Figure 3.3 Single-sided brain magnetic resonance imaging under development for monitoring applications in the emergency department or intensive care unit. The <7 kg Halbach sphere-section magnet generates ~80 mT in a subregion of the brain.

Although engineers and researchers are often content with the “build it and they will come” philosophy, clinicians, funding agencies, and hospital administrators prefer a need-driven approach. Furthermore, knowledge of the clinical use is critical to many design decisions. Here we frame the technical needs by outlining some of the clinical use scenarios envisioned for POC neurological MRI.

Neuroimaging in emergency medicine often focuses on immediately ruling out or identifying a source of increased ICP from hemorrhage, stroke, hydrocephalus (enlargement of the ventricles), or cerebral mass effect (displacement of brain tissue by blood or tumor or following trauma). This is currently done in the ED using CT scanners, which are fast, relatively cheap, and easy to site compared with MRI. The addition of POC MRI would be helpful for assessment of neurological emergencies for which CT provides a poor depiction or for patient populations sensitive to the ionizing radiation used in CT.

The use of low-field MRI in the stroke setting has recently been reviewed [52] including for resource-limited settings [53]. Portable low-field MRI has been contemplated for ruling out a hemorrhagic stroke to allow immediate reperfusion with the injection of recombinant tissue plasminogen activator (rtPA), which would exacerbate any existing cerebral hemorrhage. However, CT currently performs this job well, including portable units in EDs and even specialized CT-equipped ambulances [54–58] dispatched when stroke is suspected. Although a portable MRI would also be capable of this “rule out a bleed” role, it is worth looking to the next step of stroke care to avoid simply replacing one capable mobile imaging modality for another.
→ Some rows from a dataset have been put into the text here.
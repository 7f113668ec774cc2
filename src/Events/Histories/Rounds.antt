-- ===== src/Events/Histories/Rounds.antt =====
-- crates/machineemu/src/api/events.rs: the rounds of the loop over all histories, and what it leaves.
use machineemu.Prelude.{
  ℕ, zero, suc, ◌+◌, ◌-◌, ◌≤◌, ◌<◌, ◌≡◌, refl, sym, ap, subst, ◌∙◌, some, List, [], ◌∷◌, length,
  ltb, ltb→le, ltb→lt, inl, inr, All, Bool-cases, Option-cases, arith,
}
use machineemu.Events.Cursors.{u64_mod, same_text}
use machineemu.Events.Histories.{
  EventRecord, size, History, Entry, sub_u64, global_history_bytes, lookup, put, sum, oldest, pop,
  evict,
}
use machineemu.Events.Histories.Entries.{
  Unique, lookup-put, lookup-put_other, Unique-put, All-put, All-found, sum-found, sum-put_found,
  same_text-equal,
}
use machineemu.Events.Histories.Loops.{sub_u64_lem, total_size}
use machineemu.Events.Histories.Evicted.{
  Follow, IsHistory, Shrunk, Shrunk-refl, Shrunk-trans, Found, oldest-Found, oldest-none, value,
}

module _ {Sender : Type 0} where
  -- The history without its first record.
  abbrev pub without_first : History Sender → EventRecord → List EventRecord → History Sender
  without_first h r later = record h { records = later; bytes = sub_u64 h.bytes (size r) }

  pub pop_lem :
      (name : List ℕ) (entries : List (Entry Sender)) (total : ℕ) (f : Found name entries)
      → pop name entries total
        ≡ (put name (without_first f.history f.first f.later) entries, sub_u64 total (size f.first))
  unfolding pop
  pop_lem name entries total f = rw (f.found, f.starts) refl

  pub without_first-IsHistory :
      (bound : ℕ) (h : History Sender) (r : EventRecord) (later : List EventRecord)
      → h.records ≡ r ∷ later
      → IsHistory bound h
      → (sub_u64 h.bytes (size r) ≡ h.bytes - size r)
        × (size r ≤ h.bytes)
        × IsHistory bound (without_first h r later)
  without_first-IsHistory bound h r later starts v =
      let all_bytes : h.bytes ≡ size r + total_size later = v.counted ∙ ap total_size starts in
      let all_records : length h.records ≡ suc (length later) = ap length starts in
      let le : size r ≤ h.bytes = omega (arith, all_bytes) in
      let less : sub_u64 h.bytes (size r) ≡ h.bytes - size r =
        sub_u64_lem h.bytes (size r) le (omega (arith, v.bytes_le)) in
      let order : Follow v.before (r ∷ later) h.next_sequence =
        subst (λ l. Follow v.before l h.next_sequence) starts v.contiguous in
      (
        less,
        le,
        record {
          counted = omega (arith, less, all_bytes);
          bytes_le = omega (arith, less, v.bytes_le);
          few = omega (arith, all_records, v.few);
          before = r.sequence;
          contiguous = order.1;
          sequence_le = v.sequence_le;
          subscribers_le = v.subscribers_le;
          ordered = (subst (All (λ q. q.order ≤ bound)) starts v.ordered).1;
        },
      )

  -- What the second loop leaves.
  pub record Evicted (bound fuel : ℕ) (entries : List (Entry Sender)) (total : ℕ) : Type 0 where
    pub left : List (Entry Sender)
    pub left_total : ℕ
    pub ran : evict fuel entries total ≡ some (left, left_total)
    pub unique : Unique left
    pub each : All (λ e. IsHistory bound e.history) left
    pub counted : left_total ≡ sum (λ h. h.bytes) left
    pub within : left_total ≤ global_history_bytes
    pub same_subscribers :
        sum (λ h. length h.subscribers) left ≡ sum (λ h. length h.subscribers) entries
    pub shrunk :
        (name : List ℕ) (h : History Sender)
        → lookup name entries ≡ some h
        → (h' : History Sender) × (lookup name left ≡ some h') × Shrunk h h'

  Shrunk-after :
      (name : List ℕ) (entries left : List (Entry Sender)) (f : Found name entries)
      → ((n : List ℕ) (h : History Sender)
          → lookup n (put name (without_first f.history f.first f.later) entries) ≡ some h
          → (h' : History Sender) × (lookup n left ≡ some h') × Shrunk h h')
      → (n : List ℕ) (h : History Sender) → lookup n entries ≡ some h
      → (h' : History Sender) × (lookup n left ≡ some h') × Shrunk h h'
  Shrunk-after name entries left f later n h found = elim (Bool-cases (same_text name n)) [
    | inr other ↦ later n h (lookup-put_other name n _ entries other ∙ found)
    | inl same ↦
        let equal : name ≡ n = same_text-equal name n same in
        let this : f.history ≡ h = value (sym f.found ∙ ap (λ m. lookup m entries) equal ∙ found) in
        let (h', present, s) = later n _ (
          subst
            (λ m.
              lookup m (put name (without_first f.history f.first f.later) entries)
              ≡ some (without_first f.history f.first f.later))
            equal (lookup-put name _ entries)) in
        (
          h',
          present,
          subst (λ i. Shrunk i h') this
              (Shrunk-trans f.history _ h'
                (record {
                  dropped = f.first ∷ [];
                  parts = f.starts;
                  same_sequence = refl;
                  same_subscribers = refl;
                })
                s),
        )
  ]

  abbrev pub next :
      (name : List ℕ) (entries : List (Entry Sender)) → Found name entries → List (Entry Sender)
  next name entries f = put name (without_first f.history f.first f.later) entries

  -- One round: a record is gone, with its bytes.
  pub record Round (bound : ℕ) (name : List ℕ) (entries : List (Entry Sender)) (total : ℕ)
      (f : Found name entries) : Type 0 where
    pub each : All (λ e. IsHistory bound e.history) (next name entries f)
    pub counted : sub_u64 total (size f.first) ≡ sum (λ h. h.bytes) (next name entries f)
    pub less : sub_u64 total (size f.first) < u64_mod
    pub fewer :
        suc (sum (λ h. length h.records) (next name entries f))
        ≡ sum (λ h. length h.records) entries
    pub same_subscribers :
        sum (λ h. length h.subscribers) (next name entries f)
        ≡ sum (λ h. length h.subscribers) entries

  pub round_lem :
      (bound : ℕ) (name : List ℕ) (entries : List (Entry Sender)) (total : ℕ)
      (f : Found name entries)
      → All (λ e. IsHistory bound e.history) entries
      → total ≡ sum (λ h. h.bytes) entries
      → total < u64_mod
      → Round bound name entries total f
  round_lem bound name entries total f all c lt =
      let here = All-found (IsHistory bound) name f.history entries f.found all in
      let (bytes_less, fits, v) =
        without_first-IsHistory bound f.history f.first f.later f.starts here in
      let h' = without_first f.history f.first f.later in
      let bytes_sum = sum-put_found (λ h. h.bytes) name h' f.history entries refl f.found in
      let record_sum =
        sum-put_found (λ h. length h.records) name h' f.history entries refl f.found in
      let subscriber_sum =
        sum-put_found (λ h. length h.subscribers) name h' f.history entries refl f.found in
      let all_records : length f.history.records ≡ suc (length f.later) = ap length f.starts in
      let most : f.history.bytes ≤ sum (λ h. h.bytes) entries =
        sum-found (λ h. h.bytes) name f.history entries f.found in
      let less = sub_u64_lem total (size f.first) (omega (arith, fits, most, c)) lt in
      record {
        each = All-put (IsHistory bound) name h' entries v all;
        counted = omega (arith, less, bytes_sum, bytes_less, fits, most, c);
        less = omega (arith, less);
        fewer = omega (arith, record_sum, all_records);
        same_subscribers = omega (arith, subscriber_sum);
      }

  pub evict_lem :
      (bound fuel : ℕ) (entries : List (Entry Sender)) (total : ℕ)
      → Unique entries
      → All (λ e. IsHistory bound e.history) entries
      → total ≡ sum (λ h. h.bytes) entries
      → total < u64_mod
      → sum (λ h. length h.records) entries < fuel
      → Evicted bound fuel entries total
  unfolding evict
  evict_lem bound zero entries total u all c lt enough = absurd (omega arith)
  evict_lem bound (suc fuel) entries total u all c lt enough =
      elim (Bool-cases (ltb global_history_bytes total)) [
        | inr within ↦ record {
          left = entries;
          left_total = total;
          ran = rw (evict, within) refl;
          unique = u;
          each = all;
          counted = c;
          within = ltb→le global_history_bytes total within;
          same_subscribers = refl;
          shrunk = λ n h found. (h, found, Shrunk-refl h);
        }
        | inl over ↦ elim (Option-cases (oldest entries)) [
          | inl missing ↦ absurd (
              omega (
                arith,
                c,
                oldest-none bound entries all missing,
                ltb→lt global_history_bytes total over,
              ))
          | inr ((name, order), present) ↦
              let f = oldest-Found entries name order u present in
              let step = round_lem bound name entries total f all c lt in
              let e =
                evict_lem bound fuel (next name entries f) (sub_u64 total (size f.first))
                  (Unique-put name _ entries u) step.each step.counted step.less
                  (omega (arith, step.fewer)) in
              record {
                left = e.left;
                left_total = e.left_total;
                ran = rw (evict, over, present, pop_lem name entries total f) e.ran;
                unique = e.unique;
                each = e.each;
                counted = e.counted;
                within = e.within;
                same_subscribers = e.same_subscribers ∙ step.same_subscribers;
                shrunk = Shrunk-after name entries e.left f e.shrunk;
              }
        ]
      ]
Successful new intravenous thrombolytic therapies as well as widening windows for treatment have led to catheter-based thrombectomy treatments following the initial rtPA treatment [59,60]. A “hub-and-spokes” model for treatment sites has emerged for this treatment. First, patients with suspected stroke are rushed to the nearest “spoke hospital” where they receive a CT to verify stroke and rule out hemorrhage for immediate administration of rtPA. In the few cities with CT-equipped ambulances (mobile stroke units), this treatment is received in the field. Following rtPA administration, the patient is then evaluated for transfer to a “hub” hospital for catheter-based thrombectomy [59,60]. This assessment uses CT angiography (CTA) to identify a large vessel occlusion (LVO) target in the anterior circulation and perfusion (CTP) to estimate infarct size. An infarct core size >70 cc both reduces the likely benefit of revascularization and establishes a risk for hemorrhage during the procedure. Unfortunately, the infarct size determination is difficult and imprecisely measured on CTP [61]. In contrast, diffusion MRI is the established gold standard for early infarct core volume assessment [61] but is not commonly available in EDs [62,63]. The time-critical nature of acute stroke care and the cost of transport underscore the need for improved POC MR imaging in the spoke hospital ED to determine the eligibility of the patient for transport to receive catheter-based thrombectomy.